[Action item]: What is needed here is an exact repetition of the records below, beginning at the line that has "(same, k, e)" and stopping after the line that has "j) × (x ≡ new_sender))".

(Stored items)
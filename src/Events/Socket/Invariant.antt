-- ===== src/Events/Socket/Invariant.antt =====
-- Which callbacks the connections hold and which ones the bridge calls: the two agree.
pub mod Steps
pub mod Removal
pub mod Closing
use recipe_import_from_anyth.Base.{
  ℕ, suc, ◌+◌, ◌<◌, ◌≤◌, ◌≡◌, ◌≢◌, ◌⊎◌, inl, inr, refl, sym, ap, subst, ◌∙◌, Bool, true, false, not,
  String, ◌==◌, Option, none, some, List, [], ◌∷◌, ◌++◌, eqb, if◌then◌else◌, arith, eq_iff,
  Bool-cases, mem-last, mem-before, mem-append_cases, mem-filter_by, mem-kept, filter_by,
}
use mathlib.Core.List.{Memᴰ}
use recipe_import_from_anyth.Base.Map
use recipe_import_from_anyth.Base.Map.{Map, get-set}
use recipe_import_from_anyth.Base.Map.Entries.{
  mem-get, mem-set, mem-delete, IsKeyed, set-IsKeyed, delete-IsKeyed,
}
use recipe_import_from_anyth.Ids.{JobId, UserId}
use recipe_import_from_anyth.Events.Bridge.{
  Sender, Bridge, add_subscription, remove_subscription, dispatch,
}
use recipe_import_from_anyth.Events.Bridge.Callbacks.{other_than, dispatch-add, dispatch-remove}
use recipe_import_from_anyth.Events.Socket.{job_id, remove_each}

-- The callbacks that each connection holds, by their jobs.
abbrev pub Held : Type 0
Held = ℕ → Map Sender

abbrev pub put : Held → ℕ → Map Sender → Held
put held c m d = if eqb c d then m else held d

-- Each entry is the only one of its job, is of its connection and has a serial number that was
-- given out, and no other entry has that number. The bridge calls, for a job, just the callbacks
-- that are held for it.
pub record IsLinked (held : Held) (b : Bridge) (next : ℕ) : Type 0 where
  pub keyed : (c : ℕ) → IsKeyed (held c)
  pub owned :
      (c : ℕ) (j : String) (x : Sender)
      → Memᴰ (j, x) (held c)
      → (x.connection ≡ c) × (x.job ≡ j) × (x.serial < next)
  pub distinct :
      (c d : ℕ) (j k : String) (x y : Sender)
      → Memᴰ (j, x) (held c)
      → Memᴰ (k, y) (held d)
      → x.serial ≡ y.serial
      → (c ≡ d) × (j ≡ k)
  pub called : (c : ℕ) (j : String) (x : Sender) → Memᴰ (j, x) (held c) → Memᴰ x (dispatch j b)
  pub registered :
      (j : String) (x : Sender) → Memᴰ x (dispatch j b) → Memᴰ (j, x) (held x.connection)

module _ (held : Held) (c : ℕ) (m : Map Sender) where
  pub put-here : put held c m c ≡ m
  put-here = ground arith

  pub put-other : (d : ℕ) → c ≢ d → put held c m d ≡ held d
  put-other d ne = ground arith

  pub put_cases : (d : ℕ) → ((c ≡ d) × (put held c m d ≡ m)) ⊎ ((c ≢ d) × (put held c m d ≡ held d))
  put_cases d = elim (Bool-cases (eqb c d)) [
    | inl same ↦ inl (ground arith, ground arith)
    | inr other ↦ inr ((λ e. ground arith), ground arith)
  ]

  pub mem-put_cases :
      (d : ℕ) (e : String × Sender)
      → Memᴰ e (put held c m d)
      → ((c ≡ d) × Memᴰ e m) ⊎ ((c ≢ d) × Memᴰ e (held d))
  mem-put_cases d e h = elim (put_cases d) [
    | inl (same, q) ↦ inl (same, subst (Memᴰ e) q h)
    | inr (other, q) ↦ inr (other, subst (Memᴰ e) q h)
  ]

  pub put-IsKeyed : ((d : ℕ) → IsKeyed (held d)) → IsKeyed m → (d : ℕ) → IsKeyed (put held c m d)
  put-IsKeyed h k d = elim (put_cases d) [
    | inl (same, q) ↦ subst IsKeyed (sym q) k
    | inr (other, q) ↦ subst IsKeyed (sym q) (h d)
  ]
---
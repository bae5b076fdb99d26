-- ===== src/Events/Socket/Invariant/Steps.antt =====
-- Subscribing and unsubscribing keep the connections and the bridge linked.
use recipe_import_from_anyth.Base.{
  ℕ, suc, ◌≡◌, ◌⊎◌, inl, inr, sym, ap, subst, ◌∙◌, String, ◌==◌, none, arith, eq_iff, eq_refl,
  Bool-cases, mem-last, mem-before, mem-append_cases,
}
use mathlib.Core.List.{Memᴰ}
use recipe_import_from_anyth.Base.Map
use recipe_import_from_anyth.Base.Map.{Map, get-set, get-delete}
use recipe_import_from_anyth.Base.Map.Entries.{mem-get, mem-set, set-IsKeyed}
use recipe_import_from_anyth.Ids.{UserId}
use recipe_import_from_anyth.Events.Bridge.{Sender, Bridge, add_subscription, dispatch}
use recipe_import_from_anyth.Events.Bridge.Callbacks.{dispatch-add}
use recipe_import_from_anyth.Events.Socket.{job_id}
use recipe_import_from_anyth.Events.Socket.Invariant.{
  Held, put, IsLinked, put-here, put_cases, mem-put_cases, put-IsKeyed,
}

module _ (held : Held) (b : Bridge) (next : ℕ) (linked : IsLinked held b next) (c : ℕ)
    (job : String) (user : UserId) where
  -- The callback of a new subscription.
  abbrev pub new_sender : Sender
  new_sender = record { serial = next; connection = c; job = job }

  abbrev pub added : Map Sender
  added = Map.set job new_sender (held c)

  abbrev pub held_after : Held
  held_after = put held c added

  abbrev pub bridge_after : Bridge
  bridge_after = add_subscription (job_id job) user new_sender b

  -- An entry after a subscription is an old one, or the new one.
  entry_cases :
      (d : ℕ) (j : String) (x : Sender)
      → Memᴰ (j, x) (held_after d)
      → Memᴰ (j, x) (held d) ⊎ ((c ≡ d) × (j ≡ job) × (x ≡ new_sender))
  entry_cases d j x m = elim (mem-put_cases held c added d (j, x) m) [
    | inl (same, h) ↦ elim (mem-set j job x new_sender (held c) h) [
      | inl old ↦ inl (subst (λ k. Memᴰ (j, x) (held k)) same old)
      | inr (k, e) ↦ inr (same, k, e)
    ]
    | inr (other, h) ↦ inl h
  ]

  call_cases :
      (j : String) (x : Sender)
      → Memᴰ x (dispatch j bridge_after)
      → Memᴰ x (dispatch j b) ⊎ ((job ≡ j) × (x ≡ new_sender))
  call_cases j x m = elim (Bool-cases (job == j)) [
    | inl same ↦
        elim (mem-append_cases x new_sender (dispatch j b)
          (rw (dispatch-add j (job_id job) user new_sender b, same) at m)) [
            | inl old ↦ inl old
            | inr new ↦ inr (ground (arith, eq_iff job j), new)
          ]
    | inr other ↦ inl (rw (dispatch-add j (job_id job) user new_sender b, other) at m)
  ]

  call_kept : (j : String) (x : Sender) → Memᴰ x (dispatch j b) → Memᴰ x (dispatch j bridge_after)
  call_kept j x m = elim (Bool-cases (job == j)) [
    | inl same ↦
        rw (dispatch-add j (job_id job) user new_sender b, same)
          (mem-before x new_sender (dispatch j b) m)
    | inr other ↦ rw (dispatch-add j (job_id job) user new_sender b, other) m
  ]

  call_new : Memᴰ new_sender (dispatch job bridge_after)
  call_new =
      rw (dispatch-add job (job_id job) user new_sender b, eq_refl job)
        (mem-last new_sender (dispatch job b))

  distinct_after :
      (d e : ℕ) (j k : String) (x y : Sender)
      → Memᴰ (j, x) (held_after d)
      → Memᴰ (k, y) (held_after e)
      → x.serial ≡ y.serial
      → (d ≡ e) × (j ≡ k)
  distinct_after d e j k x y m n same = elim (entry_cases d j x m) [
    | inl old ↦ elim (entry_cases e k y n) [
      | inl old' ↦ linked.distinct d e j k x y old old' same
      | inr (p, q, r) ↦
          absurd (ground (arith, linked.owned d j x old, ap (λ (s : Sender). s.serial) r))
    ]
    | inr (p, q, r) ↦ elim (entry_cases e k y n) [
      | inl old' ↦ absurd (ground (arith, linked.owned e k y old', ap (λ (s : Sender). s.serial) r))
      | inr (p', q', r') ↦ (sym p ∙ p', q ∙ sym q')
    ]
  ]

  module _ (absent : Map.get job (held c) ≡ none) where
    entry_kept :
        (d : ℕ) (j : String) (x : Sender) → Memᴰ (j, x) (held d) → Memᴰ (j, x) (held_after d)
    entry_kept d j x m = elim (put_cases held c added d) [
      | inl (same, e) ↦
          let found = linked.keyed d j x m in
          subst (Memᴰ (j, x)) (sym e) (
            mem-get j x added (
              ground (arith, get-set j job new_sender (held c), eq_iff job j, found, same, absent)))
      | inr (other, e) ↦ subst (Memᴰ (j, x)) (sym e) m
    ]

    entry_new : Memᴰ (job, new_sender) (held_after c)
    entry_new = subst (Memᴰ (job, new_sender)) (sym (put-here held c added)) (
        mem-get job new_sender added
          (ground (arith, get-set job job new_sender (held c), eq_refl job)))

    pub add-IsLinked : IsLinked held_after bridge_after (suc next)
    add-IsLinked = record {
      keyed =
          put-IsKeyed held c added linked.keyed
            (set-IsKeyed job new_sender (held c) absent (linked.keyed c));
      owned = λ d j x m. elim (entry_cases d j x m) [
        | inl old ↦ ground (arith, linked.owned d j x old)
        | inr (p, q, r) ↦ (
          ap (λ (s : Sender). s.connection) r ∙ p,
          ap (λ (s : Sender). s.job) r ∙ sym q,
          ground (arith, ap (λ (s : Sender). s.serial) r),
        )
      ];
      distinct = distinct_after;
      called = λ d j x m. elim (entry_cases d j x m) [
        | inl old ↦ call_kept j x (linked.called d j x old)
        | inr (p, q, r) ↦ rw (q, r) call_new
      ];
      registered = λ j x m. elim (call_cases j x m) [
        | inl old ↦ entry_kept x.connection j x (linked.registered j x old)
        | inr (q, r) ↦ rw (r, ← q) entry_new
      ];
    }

[Output of the exercise]:
      | inr (k, e) ↦ inr (same, k, e)
    ]
    | inr (other, h) ↦ inl h
  ]

  call_cases :
      (j : String) (x : Sender)
      → Memᴰ x (dispatch j bridge_after)
      → Memᴰ x (dispatch j b) ⊎ ((job ≡ j) × (x ≡ new_sender))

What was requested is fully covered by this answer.